• **What you need to do**
Where the listing below reaches the line containing "ok (tt, record", start writing out lines exactly, and stop once the line containing "inl (n, p) ↦" has been written.

• **Material shown**

Content starts

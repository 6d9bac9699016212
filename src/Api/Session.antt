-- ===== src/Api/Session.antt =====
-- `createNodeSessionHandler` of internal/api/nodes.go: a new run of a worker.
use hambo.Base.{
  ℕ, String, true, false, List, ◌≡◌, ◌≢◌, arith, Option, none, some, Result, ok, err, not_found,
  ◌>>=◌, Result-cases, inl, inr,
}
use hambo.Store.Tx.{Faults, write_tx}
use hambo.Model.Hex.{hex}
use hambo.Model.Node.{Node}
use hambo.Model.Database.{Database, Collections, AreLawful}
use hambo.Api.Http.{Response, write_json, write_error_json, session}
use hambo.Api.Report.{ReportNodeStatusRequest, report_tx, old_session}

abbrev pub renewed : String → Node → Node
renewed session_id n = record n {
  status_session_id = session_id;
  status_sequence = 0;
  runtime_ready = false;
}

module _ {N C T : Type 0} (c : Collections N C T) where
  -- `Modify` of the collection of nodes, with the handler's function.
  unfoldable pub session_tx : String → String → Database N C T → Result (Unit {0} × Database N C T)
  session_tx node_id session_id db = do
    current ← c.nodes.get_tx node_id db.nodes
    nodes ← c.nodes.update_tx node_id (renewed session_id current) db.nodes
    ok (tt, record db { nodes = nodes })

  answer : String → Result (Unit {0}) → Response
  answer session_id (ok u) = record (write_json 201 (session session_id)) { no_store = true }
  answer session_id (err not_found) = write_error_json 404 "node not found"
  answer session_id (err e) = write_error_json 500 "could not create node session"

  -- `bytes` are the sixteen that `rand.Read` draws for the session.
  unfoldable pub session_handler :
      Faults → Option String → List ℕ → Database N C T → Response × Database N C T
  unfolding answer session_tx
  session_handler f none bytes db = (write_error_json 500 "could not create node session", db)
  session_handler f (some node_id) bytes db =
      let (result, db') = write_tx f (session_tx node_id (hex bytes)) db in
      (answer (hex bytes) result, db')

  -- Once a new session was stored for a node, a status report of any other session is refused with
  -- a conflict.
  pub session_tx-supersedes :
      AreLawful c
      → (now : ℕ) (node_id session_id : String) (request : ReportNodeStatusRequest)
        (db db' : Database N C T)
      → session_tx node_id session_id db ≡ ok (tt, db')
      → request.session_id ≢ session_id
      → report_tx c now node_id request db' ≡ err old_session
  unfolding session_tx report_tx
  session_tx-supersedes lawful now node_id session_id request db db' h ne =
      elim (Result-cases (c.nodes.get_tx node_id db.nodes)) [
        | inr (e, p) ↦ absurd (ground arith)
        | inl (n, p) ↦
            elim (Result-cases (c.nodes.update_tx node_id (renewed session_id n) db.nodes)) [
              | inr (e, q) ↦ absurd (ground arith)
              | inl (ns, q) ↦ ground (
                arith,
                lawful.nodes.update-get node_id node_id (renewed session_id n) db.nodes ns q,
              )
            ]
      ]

Content ends

• **Your solution**
    ok (tt, record db { nodes = nodes })

  answer : String → Result (Unit {0}) → Response
  answer session_id (ok u) = record (write_json 201 (session session_id)) { no_store = true }
  answer session_id (err not_found) = write_error_json 404 "node not found"
  answer session_id (err e) = write_error_json 500 "could not create node session"

  -- `bytes` are the sixteen that `rand.Read` draws for the session.
  unfoldable pub session_handler :
      Faults → Option String → List ℕ → Database N C T → Response × Database N C T
  unfolding answer session_tx
  session_handler f none bytes db = (write_error_json 500 "could not create node session", db)
  session_handler f (some node_id) bytes db =
      let (result, db') = write_tx f (session_tx node_id (hex bytes)) db in
      (answer (hex bytes) result, db')

  -- Once a new session was stored for a node, a status report of any other session is refused with
  -- a conflict.
  pub session_tx-supersedes :
      AreLawful c
      → (now : ℕ) (node_id session_id : String) (request : ReportNodeStatusRequest)
        (db db' : Database N C T)
      → session_tx node_id session_id db ≡ ok (tt, db')
      → request.session_id ≢ session_id
      → report_tx c now node_id request db' ≡ err old_session
  unfolding session_tx report_tx
  session_tx-supersedes lawful now node_id session_id request db db' h ne =
      elim (Result-cases (c.nodes.get_tx node_id db.nodes)) [
        | inr (e, p) ↦ absurd (ground arith)
        | inl (n, p) ↦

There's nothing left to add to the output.